:: What to produce ::
In the records below, find each line with the word "Unit" and copy it.

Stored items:

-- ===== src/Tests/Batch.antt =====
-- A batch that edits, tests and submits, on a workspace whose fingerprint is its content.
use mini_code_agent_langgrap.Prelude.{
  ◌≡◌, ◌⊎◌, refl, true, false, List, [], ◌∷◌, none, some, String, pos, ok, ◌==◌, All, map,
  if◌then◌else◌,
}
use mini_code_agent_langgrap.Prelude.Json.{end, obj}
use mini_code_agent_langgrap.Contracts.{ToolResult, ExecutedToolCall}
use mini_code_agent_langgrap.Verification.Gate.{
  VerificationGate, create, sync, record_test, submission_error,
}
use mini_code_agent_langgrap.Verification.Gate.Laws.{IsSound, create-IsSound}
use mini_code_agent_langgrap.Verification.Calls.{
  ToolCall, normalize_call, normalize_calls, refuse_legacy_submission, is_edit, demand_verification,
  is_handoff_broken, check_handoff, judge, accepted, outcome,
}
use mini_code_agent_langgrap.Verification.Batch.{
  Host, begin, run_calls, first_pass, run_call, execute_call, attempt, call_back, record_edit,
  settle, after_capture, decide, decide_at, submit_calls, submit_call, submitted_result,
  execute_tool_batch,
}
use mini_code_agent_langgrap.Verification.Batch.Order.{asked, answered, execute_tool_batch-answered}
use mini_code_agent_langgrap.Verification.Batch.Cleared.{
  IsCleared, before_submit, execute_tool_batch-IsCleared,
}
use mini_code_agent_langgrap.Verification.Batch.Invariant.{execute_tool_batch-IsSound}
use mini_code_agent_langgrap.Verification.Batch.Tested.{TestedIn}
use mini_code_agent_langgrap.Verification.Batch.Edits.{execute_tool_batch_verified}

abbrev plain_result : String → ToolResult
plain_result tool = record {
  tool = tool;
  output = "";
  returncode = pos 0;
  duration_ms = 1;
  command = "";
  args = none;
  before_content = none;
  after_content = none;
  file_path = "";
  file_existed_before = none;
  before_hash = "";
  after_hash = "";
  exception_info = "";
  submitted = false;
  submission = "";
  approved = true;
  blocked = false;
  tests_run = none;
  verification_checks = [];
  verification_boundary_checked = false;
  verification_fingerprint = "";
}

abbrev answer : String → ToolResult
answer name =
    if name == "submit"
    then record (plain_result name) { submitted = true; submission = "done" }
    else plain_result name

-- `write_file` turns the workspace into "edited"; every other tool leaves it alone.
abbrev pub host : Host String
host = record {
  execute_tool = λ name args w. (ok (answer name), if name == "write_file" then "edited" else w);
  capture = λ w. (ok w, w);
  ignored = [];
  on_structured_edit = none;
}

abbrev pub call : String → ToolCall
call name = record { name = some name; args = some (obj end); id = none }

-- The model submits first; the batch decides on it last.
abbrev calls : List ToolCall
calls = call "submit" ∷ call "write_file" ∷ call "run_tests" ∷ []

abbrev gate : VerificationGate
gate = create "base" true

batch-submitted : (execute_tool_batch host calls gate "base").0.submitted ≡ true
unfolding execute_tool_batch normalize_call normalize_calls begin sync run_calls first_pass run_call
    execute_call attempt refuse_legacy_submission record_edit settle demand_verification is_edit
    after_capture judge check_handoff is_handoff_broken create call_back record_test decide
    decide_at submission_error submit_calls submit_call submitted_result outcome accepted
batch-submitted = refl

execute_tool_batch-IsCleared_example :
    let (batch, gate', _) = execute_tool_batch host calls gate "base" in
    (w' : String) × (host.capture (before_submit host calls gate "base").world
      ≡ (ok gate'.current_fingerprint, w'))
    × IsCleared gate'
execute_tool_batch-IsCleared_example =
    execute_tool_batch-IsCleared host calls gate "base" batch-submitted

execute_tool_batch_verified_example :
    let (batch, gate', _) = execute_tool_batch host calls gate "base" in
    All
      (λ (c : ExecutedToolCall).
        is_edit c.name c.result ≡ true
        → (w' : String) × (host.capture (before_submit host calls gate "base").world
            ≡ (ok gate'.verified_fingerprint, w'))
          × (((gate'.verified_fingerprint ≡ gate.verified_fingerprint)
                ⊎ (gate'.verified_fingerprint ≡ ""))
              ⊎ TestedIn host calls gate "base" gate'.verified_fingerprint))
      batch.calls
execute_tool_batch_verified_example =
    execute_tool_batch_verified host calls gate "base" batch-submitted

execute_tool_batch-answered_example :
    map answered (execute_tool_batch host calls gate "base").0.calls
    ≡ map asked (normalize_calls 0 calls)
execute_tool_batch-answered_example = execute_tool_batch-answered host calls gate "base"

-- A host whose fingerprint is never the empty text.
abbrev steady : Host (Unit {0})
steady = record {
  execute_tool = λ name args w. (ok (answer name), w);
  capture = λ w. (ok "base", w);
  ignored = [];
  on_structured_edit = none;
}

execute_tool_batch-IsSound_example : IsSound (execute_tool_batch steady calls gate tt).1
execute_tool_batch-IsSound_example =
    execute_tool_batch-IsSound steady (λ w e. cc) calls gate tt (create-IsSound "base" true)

--

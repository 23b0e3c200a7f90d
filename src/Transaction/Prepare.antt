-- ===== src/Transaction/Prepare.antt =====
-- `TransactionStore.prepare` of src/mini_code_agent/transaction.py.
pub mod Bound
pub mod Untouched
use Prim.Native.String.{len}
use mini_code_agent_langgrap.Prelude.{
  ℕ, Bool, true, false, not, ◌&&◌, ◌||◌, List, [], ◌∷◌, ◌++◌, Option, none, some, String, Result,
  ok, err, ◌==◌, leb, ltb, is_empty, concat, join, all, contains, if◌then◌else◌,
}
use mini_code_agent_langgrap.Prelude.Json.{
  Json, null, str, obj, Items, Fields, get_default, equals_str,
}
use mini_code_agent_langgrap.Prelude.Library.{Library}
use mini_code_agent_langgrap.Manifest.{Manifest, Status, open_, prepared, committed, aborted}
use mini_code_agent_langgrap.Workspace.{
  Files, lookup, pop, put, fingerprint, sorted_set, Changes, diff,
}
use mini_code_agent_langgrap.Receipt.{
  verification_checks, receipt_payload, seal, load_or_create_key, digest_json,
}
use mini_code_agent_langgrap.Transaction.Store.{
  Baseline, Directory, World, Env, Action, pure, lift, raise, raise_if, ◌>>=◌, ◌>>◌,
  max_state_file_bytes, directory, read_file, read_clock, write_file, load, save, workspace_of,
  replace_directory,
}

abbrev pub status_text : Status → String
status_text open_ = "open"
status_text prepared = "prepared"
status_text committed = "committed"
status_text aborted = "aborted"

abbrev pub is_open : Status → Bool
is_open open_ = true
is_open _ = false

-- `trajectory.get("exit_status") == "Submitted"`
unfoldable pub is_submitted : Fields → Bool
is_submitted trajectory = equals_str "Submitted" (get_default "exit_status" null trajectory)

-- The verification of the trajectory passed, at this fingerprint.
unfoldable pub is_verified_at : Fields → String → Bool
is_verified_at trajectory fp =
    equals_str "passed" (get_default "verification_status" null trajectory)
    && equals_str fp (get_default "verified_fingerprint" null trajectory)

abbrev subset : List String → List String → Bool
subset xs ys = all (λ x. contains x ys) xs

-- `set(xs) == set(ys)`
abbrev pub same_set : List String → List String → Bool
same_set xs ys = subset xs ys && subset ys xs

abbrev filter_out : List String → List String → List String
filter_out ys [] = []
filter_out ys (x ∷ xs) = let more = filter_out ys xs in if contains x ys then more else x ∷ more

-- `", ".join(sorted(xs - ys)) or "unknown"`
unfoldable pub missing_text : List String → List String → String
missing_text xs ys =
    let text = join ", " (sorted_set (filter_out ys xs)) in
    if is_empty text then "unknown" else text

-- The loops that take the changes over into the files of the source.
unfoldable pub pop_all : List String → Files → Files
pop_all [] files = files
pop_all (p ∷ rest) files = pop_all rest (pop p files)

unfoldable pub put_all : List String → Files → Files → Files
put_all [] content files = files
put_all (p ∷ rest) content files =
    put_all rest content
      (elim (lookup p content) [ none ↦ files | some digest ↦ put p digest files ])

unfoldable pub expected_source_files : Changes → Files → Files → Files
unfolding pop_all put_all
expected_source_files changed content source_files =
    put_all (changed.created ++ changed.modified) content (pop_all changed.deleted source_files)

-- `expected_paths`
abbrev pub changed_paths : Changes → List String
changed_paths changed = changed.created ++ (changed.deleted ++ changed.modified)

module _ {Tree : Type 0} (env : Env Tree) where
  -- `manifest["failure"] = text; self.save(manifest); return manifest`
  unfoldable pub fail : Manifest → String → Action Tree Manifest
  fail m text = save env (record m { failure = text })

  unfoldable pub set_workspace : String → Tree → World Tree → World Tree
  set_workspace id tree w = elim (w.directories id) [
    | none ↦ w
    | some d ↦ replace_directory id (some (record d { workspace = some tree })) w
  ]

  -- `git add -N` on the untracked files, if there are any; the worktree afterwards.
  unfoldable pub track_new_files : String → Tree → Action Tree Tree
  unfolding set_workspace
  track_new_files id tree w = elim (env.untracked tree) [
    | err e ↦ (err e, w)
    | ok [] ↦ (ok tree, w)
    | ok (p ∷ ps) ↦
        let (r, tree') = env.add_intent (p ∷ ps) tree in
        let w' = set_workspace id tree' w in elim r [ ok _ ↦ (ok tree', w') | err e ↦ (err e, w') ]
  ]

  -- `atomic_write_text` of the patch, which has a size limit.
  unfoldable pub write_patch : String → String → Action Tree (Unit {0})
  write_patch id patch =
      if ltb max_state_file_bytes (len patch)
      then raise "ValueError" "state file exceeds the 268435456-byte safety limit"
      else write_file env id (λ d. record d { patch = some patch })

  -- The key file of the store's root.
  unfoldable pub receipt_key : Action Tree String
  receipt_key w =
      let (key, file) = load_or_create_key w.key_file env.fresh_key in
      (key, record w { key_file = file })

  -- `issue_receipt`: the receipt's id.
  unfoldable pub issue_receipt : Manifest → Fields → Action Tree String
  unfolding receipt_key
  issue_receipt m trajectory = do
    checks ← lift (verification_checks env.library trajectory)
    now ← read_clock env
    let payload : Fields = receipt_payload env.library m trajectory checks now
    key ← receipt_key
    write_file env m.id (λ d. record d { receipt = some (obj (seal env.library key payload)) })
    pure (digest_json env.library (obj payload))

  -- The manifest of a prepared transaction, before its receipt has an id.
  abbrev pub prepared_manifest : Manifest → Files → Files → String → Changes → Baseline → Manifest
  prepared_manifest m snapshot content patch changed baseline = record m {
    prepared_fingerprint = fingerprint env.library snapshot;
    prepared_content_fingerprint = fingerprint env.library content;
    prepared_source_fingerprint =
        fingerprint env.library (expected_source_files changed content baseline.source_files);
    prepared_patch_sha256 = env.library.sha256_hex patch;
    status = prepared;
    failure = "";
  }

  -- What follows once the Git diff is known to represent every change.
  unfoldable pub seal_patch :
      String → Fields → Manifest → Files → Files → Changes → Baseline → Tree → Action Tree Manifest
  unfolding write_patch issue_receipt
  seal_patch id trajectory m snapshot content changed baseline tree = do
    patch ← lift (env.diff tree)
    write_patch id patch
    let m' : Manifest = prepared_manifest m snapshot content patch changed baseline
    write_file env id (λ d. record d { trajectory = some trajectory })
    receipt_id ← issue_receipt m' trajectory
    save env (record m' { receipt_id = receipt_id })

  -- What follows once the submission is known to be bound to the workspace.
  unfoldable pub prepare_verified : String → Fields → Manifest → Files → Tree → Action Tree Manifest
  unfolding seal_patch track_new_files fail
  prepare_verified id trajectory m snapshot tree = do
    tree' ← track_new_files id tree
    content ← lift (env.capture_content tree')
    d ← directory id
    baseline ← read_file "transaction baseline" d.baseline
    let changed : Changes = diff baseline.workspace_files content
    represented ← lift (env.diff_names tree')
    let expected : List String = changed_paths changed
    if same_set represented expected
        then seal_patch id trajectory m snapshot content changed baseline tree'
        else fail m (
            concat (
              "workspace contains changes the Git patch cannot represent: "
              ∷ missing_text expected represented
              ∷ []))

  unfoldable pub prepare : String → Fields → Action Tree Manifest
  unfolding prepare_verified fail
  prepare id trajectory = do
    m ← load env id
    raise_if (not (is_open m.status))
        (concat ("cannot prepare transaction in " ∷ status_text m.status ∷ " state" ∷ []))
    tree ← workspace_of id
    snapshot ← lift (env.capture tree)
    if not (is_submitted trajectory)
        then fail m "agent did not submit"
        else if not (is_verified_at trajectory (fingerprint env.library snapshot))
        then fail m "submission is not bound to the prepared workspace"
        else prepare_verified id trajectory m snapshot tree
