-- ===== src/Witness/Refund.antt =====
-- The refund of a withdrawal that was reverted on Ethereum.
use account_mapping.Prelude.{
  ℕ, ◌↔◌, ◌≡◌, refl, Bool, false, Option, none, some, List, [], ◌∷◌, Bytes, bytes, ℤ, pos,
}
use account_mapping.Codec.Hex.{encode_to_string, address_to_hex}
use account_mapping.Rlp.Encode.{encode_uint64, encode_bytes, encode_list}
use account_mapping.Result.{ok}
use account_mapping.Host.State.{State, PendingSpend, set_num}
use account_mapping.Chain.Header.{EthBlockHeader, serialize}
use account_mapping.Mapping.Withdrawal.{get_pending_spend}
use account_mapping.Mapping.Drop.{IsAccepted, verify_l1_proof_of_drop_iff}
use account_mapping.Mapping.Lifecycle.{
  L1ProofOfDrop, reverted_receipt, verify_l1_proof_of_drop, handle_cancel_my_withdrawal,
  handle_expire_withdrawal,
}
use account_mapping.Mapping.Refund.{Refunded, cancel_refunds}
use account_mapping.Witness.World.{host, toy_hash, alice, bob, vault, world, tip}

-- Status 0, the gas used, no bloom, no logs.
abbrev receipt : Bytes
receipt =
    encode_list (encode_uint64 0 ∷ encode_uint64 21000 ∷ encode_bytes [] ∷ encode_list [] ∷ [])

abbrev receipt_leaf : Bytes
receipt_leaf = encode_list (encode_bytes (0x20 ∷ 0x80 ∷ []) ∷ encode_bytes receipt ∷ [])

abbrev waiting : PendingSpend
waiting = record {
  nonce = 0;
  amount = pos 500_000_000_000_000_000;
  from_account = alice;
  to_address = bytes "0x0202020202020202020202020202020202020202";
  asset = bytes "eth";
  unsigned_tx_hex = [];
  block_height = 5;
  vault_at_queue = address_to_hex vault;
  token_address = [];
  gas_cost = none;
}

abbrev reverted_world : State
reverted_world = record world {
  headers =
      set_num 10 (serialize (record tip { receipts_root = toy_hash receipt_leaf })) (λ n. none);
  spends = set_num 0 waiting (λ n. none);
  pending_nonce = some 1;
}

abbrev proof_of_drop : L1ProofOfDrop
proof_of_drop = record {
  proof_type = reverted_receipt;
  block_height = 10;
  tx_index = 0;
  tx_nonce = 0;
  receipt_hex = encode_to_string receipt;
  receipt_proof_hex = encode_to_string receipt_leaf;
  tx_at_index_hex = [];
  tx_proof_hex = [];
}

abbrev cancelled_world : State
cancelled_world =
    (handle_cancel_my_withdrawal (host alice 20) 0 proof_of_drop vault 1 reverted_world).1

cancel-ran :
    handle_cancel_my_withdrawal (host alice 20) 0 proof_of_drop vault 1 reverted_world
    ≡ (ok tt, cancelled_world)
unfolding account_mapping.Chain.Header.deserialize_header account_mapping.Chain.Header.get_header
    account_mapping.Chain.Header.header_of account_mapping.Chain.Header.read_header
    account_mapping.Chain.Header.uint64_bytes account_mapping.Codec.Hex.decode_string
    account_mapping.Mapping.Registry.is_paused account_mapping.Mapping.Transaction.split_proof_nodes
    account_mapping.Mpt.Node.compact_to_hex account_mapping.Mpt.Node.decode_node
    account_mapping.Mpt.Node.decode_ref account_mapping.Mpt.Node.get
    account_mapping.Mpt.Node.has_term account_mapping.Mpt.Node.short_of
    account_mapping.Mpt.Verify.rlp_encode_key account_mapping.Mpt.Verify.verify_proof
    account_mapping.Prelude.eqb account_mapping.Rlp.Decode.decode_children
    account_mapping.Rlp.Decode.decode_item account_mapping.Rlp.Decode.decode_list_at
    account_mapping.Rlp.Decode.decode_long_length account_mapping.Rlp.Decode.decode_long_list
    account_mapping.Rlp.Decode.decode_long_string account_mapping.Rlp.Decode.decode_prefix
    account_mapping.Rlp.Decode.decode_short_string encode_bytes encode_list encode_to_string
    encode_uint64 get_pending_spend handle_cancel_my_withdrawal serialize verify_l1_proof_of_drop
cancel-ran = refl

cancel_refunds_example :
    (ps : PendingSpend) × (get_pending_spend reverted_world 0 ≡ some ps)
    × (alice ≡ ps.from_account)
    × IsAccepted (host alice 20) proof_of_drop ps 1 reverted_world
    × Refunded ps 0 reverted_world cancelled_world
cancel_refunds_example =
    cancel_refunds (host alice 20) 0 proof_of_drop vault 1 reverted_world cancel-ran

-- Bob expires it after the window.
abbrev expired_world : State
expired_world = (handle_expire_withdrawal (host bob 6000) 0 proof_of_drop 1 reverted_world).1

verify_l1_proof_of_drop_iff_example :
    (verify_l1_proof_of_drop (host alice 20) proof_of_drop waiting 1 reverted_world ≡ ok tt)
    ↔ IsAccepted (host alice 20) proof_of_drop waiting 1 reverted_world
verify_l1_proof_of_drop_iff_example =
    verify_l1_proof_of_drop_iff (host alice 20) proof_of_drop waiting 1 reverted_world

:: Task result ::
abbrev steady : Host (Unit {0})
  unfoldable pub write_patch : String → String → Action Tree (Unit {0})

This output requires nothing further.